Similarly, a distinction is frequently made between systolic and diastolic heart failure. This is somewhat arbitrary and many patients with heart failure have evidence of both. Left ventricular systolic dysfunction (LVSD) is usually defined as an LV ejection fraction <40% on echocardiography. Some symptomatic patients have a normal ejection fraction and no obvious cause for increased myocardial demand. This condition has been variously termed diastolic heart failure, heart failure with preserved LV function, heart failure with a normal ejection fraction (HFNEF) or heart failure with preserved systolic function (HFPSF).[2]

High and low output

Certain medical conditions (see 'Aetiology', below) increase demands on cardiac output, causing a clinical picture of heart failure and this is known as high-output cardiac failure. The primary abnormality is not the heart and the heart failure is reversible with treatment. Low-output failure is where cardiac output is inadequate to perfuse the body (ie ejection fraction <40%), or can only be adequate with high filling pressures.

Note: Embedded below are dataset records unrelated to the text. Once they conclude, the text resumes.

-- ===== src/Decision/Magnitude/Queries.antt =====
-- The cache of a `MagnitudePolicy` (src/decision/magnitude_policy.rs) over a sequence of decisions.
use koalisi.Common.{ℕ, Bool-cases, Option-cases, inl, inr, List, [], ◌∷◌, length, ◌==◌}
use koalisi.Common.Floats.{Floats}
use koalisi.Algorithms.Agents.{AgentCapabilities}
use koalisi.Decision.Magnitude.{Engine}
use koalisi.Decision.Magnitude.Cache.{Guard}
use koalisi.Decision.Magnitude.Policy.{
  LeaveVariant, fresh, evaluator, join_masks, leave_masks, join_dispatch, leave_dispatch_evaluator,
  MagnitudePolicy, should_join, untyped_leave, should_leave,
}
use koalisi.Decision.Magnitude.Coherence.{
  IsCoherent, cached_base-IsCoherent, cached_base_and_with-IsCoherent,
}

-- what a policy is asked
pub data Query : Type 0 where
  join leave : AgentCapabilities → List AgentCapabilities → ℕ → Query

module _ (floats : Floats) (engine : Engine floats) where
  open floats use {F64}

  join_dispatch-IsCoherent :
      (required : ℕ) (masks_with masks : List ℕ) (candidate : ℕ) (margin : F64)
      (guard : Guard floats engine)
      → IsCoherent floats engine guard
      → IsCoherent floats engine
          (join_dispatch floats engine required masks_with masks candidate margin guard).0
  unfolding join_dispatch
  join_dispatch-IsCoherent required masks_with [] candidate margin guard ok = ok
  join_dispatch-IsCoherent required masks_with (m ∷ ms) candidate margin guard ok =
      elim (Bool-cases (length masks_with == length (m ∷ ms))) [
        | inl same ↦ rw same (cached_base-IsCoherent floats engine required (m ∷ ms) guard ok)
        | inr other ↦
            rw other
              (cached_base_and_with-IsCoherent floats engine required (m ∷ ms) candidate guard ok)
      ]

  leave_dispatch_evaluator-IsCoherent :
      (required : ℕ) (masks_in masks : List ℕ) (leaver : ℕ) (guard : Guard floats engine)
      → IsCoherent floats engine guard
      → IsCoherent floats engine
          (leave_dispatch_evaluator floats engine required masks_in masks leaver guard).0
  unfolding leave_dispatch_evaluator
  leave_dispatch_evaluator-IsCoherent required masks_in [] leaver guard ok = ok
  leave_dispatch_evaluator-IsCoherent required masks_in (m ∷ ms) leaver guard ok =
      elim (Bool-cases (length masks_in == length (m ∷ ms))) [
        | inl same ↦ rw same (cached_base-IsCoherent floats engine required (m ∷ ms) guard ok)
        | inr other ↦
            rw other
              (cached_base_and_with-IsCoherent floats engine required (m ∷ ms) leaver guard ok)
      ]

  pub should_join-IsCoherent :
      (p : MagnitudePolicy floats engine) (a : AgentCapabilities)
      (coalition : List AgentCapabilities) (required : ℕ)
      → IsCoherent floats engine p.cache
      → IsCoherent floats engine (should_join floats engine p a coalition required).0.cache
  unfolding should_join
  should_join-IsCoherent p a coalition required ok = elim (Option-cases p.typed) [
    | inl untyped ↦ rw untyped (
        join_dispatch-IsCoherent required (join_masks floats engine a coalition required).0
          (join_masks floats engine a coalition required).1 a.capabilities p.join_margin p.cache ok)
    | inr (cfg, typed) ↦ rw typed ok
  ]

  untyped_leave-IsCoherent :
      (v : LeaveVariant) (p : MagnitudePolicy floats engine) (a : AgentCapabilities)
      (coalition : List AgentCapabilities) (required : ℕ)
      → IsCoherent floats engine p.cache
      → IsCoherent floats engine (untyped_leave floats engine v p a coalition required).0.cache
  unfolding untyped_leave
  untyped_leave-IsCoherent fresh p a coalition required ok = ok
  untyped_leave-IsCoherent evaluator p a coalition required ok =
      leave_dispatch_evaluator-IsCoherent required
        (leave_masks floats engine a coalition required).0
        (leave_masks floats engine a coalition required).1 a.capabilities p.cache ok

  pub should_leave-IsCoherent :
      (p : MagnitudePolicy floats engine) (a : AgentCapabilities)
      (coalition : List AgentCapabilities) (required : ℕ)
      → IsCoherent floats engine p.cache
      → IsCoherent floats engine (should_leave floats engine p a coalition required).0.cache
  unfolding should_leave
  should_leave-IsCoherent p a coalition required ok = elim (Option-cases p.typed) [
    | inl untyped ↦
        rw (should_leave, untyped)
          (untyped_leave-IsCoherent p.leave_variant p a coalition required ok)
    | inr (cfg, typed) ↦ rw (should_leave, typed) ok
  ]

  -- the policy after a sequence of queries
  unfoldable pub after : MagnitudePolicy floats engine → List Query → MagnitudePolicy floats engine
  after p [] = p
  after p (join a coalition required ∷ rest) =
      after (should_join floats engine p a coalition required).0 rest
  after p (leave a coalition required ∷ rest) =
      after (should_leave floats engine p a coalition required).0 rest

  -- Over any sequence of joins and leaves, of any coalitions and any requirements, a policy whose
  -- cache is coherent keeps it so: the evaluator that the cache holds was built from the members and
  -- the requirement it is filed under and from its registry of candidates, and the registry has at
  -- most `registry_cap` of them.
  pub after-IsCoherent :
      (p : MagnitudePolicy floats engine) (queries : List Query)
      → IsCoherent floats engine p.cache
      → IsCoherent floats engine (after p queries).cache
  unfolding after
  after-IsCoherent p [] ok = ok
  after-IsCoherent p (join a coalition required ∷ rest) ok =
      after-IsCoherent (should_join floats engine p a coalition required).0 rest
        (should_join-IsCoherent p a coalition required ok)
  after-IsCoherent p (leave a coalition required ∷ rest) ok =
      after-IsCoherent (should_leave floats engine p a coalition required).0 rest
        (should_leave-IsCoherent p a coalition required ok)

  • Prevalence of asymptomatic ventricular dysfunction is approximately 4%.
  • 1-2% of the adult population in developed countries has heart failure, with the prevalence rising to 10% in patients 70 years of age or older.[1]
  • Community estimates of prevalence vary from 1.6 to 4.6 cases per 1,000 in men aged 45-74 years and from 0.9 to 2.2 cases per 1,000 in women.[3]
  • In younger age groups, heart failure is more common in men because of the earlier onset of ischaemic heart disease (IHD).
  • Prevalence is increasing due to aging populations and improved survival after coronary events and secondary prevention.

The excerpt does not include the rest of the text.